Another vision-based fall detection system using a convolutional neural network has been developed by Adrian [23]. This system was designed to work on human motion, avoiding any dependence on the appearance of an image. An optical flow image generator is utilized to efficiently represent human motion. A set of optical flow images are stacked and then set as inputs in a convolutional neural network (CNN) that can learn longer time-related features. A fully connected neural network (FCNN) receives these features as inputs, and produces fall and non-fall outputs. The best overall accuracy for this system is 97%, as confirmed using the Le2i fall-detection dataset. Moreover, the approach used in [24] proposes fall detection based on body keypoints and sequence-to-sequence architecture. In this system, a skeleton framework is modeled to receive a sequence of observed frames. Then, the coordinates of keypoints of the object are extracted from observed frames. The bounding boxes of the detected object are given to the tracking algorithm for clustering body keypoints belonging to the same person in different video sequences. A keypoint-vectorization method is exploited to extract salient features from associated coordinates. Next, the pose prediction phase is conducted, predicting the vectors of future keypoints for the person. Finally, falls are classified using the Le2i dataset, achieving an accuracy of 97%, a precision of 90.8%, a recall of 98.3%, and an F1-score of 0.944.

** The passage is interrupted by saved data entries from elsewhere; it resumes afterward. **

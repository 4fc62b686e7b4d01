-- ===== src/Prelude/Order.antt =====
-- Total preorders by Boolean tests, the ways to build them that the queries use, and sorting.
pub mod Sort
use Prim.Native.Nat.{ℕ, ◌≤◌}
use Prim.Native.Char.{code}
use Prim.Native.String.{String}
use mathlib.Core.Path.{◌≡◌, refl}
use mathlib.Core.Logic.{◌⊎◌, inl, inr}
use mathlib.Core.Bool.{Bool, true, false}
use mathlib.Core.List.{List, [], ◌∷◌}
use native.Mathlib.Omega.{arith}
use coggo.Prelude.Tests.{ltb, leb, eqb, if◌then◌else◌}

pub record Order {ℓ} (A : Type ℓ) : Type ℓ where
  pub le : A → A → Bool
  pub total : (a b : A) → (le a b ≡ true) ⊎ (le b a ≡ true)
  pub trans : (a b c : A) → le a b ≡ true → le b c ≡ true → le a c ≡ true

pub leb_total : (a b : ℕ) → (leb a b ≡ true) ⊎ (leb b a ≡ true)
leb_total a b = ground arith

pub leb_trans : (a b c : ℕ) → leb a b ≡ true → leb b c ≡ true → leb a c ≡ true
leb_trans a b c h k = ground arith

abbrev pub numbers : Order ℕ
numbers = record { le = leb; total = leb_total; trans = leb_trans }

-- Bytewise order of texts, as `memcmp` and Go's `<` on strings have it.
abbrev pub lex_le : List ℕ → List ℕ → Bool
lex_le [] ys = true
lex_le (x ∷ xs) [] = false
lex_le (x ∷ xs) (y ∷ ys) =
    let rest = lex_le xs ys in if ltb x y then true else if eqb x y then rest else false

pub lex_le_total : (xs ys : List ℕ) → (lex_le xs ys ≡ true) ⊎ (lex_le ys xs ≡ true)
lex_le_total [] ys = inl refl
lex_le_total (x ∷ xs) [] = inr refl
lex_le_total (x ∷ xs) (y ∷ ys) = ground (arith, lex_le_total xs ys)

pub lex_le_trans :
    (xs ys zs : List ℕ) → lex_le xs ys ≡ true → lex_le ys zs ≡ true → lex_le xs zs ≡ true
lex_le_trans [] ys zs h k = refl
lex_le_trans (x ∷ xs) [] zs h k = cc
lex_le_trans (x ∷ xs) (y ∷ ys) [] h k = cc
lex_le_trans (x ∷ xs) (y ∷ ys) (z ∷ zs) h k = ground (arith, lex_le_trans xs ys zs)

abbrev pub lex : Order (List ℕ)
lex = record { le = lex_le; total = lex_le_total; trans = lex_le_trans }

module _ {ℓ κ} {A : Type ℓ} {B : Type κ} where
  -- Compare by a key.
  abbrev pub by_key : (A → B) → Order B → Order A
  by_key f o = record {
    le = λ a b. o.le (f a) (f b);
    total = λ a b. o.total (f a) (f b);
    trans = λ a b c. o.trans (f a) (f b) (f c);
  }

module _ {ℓ} {A : Type ℓ} where
  -- `DESC`.
  abbrev pub descending : Order A → Order A
  descending o = record {
    le = λ a b. o.le b a;
    total = λ a b. o.total b a;
    trans = λ a b c h k. o.trans c b a k h;
  }

  -- The second order decides where the first one ties.
  abbrev pub then_by_le : Order A → Order A → A → A → Bool
  then_by_le o p a b = if o.le b a then (if o.le a b then p.le a b else false) else true

  pub then_by_total :
      (o p : Order A) (a b : A) → (then_by_le o p a b ≡ true) ⊎ (then_by_le o p b a ≡ true)
  then_by_total o p a b = ground (arith, o.total a b, p.total a b)

  pub then_by_trans :
      (o p : Order A) (a b c : A)
      → then_by_le o p a b ≡ true
      → then_by_le o p b c ≡ true
      → then_by_le o p a c ≡ true
  then_by_trans o p a b c h k = ground (
    arith,
    o.total a b,
    o.total b c,
    o.total a c,
    o.trans a b c,
    o.trans b c a,
    o.trans c a b,
    o.trans c b a,
    p.trans a b c,
  )

  abbrev pub then_by : Order A → Order A → Order A
  then_by o p = record { le = then_by_le o p; total = then_by_total o p; trans = then_by_trans o p }

-- The code points of a text; their order is that of its UTF-8 bytes.
abbrev pub codes : String → List ℕ
codes String.[] = []
codes (String.◌∷◌ c s) = code c ∷ codes s

abbrev pub texts : Order String
texts = by_key codes lex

A related approach is presented in [25] in an automatic fall-detection system with an RGB-D camera using a Hidden Markov Model (HMM). Background subtraction is firstly performed by averaging the depth map to learn the background. The Kinect optical parameters for factory use are employed to obtain a real-world coordinate system, and an Open Natural Interaction (OpenNI) is used for a Kinect-to-real-world transformation. After that, the center of mass of the person is extracted to calculate the vertical speed from that point. The standard deviation for all points belonging to a person are then calculated. After that, these three features are used as inputs to calculate the probability of HMM. Finally, the forward-backward and Viterbi algorithms are applied to classify the states of normal activities and falls. The experiments were conducted on young and healthy subjects, and occlusions were not included. In future research, this system will be tested using real-life unhealthy subjects with occlusions. In addition, other fall detection systems for shop floor applications [26] were modeled using an HMM based on the vertical velocity, area variance, and height of a person, using cameras positioned to provide a top view. This incident detection method focuses on two things: detecting people in restricted areas and detecting falls. Potential fall events are analyzed based on specific features and on circumstances such as whether the person can get up or not. Analysis is also based on an allocation of status according to the location, whether the event occurs in an area that is restricted to all personnel, where work is ongoing, or where maintenance is being performed. Such considerations are valuable in identifying health and safety issues. In future work, this system will be improved by incorporating more incidents, such as collisions.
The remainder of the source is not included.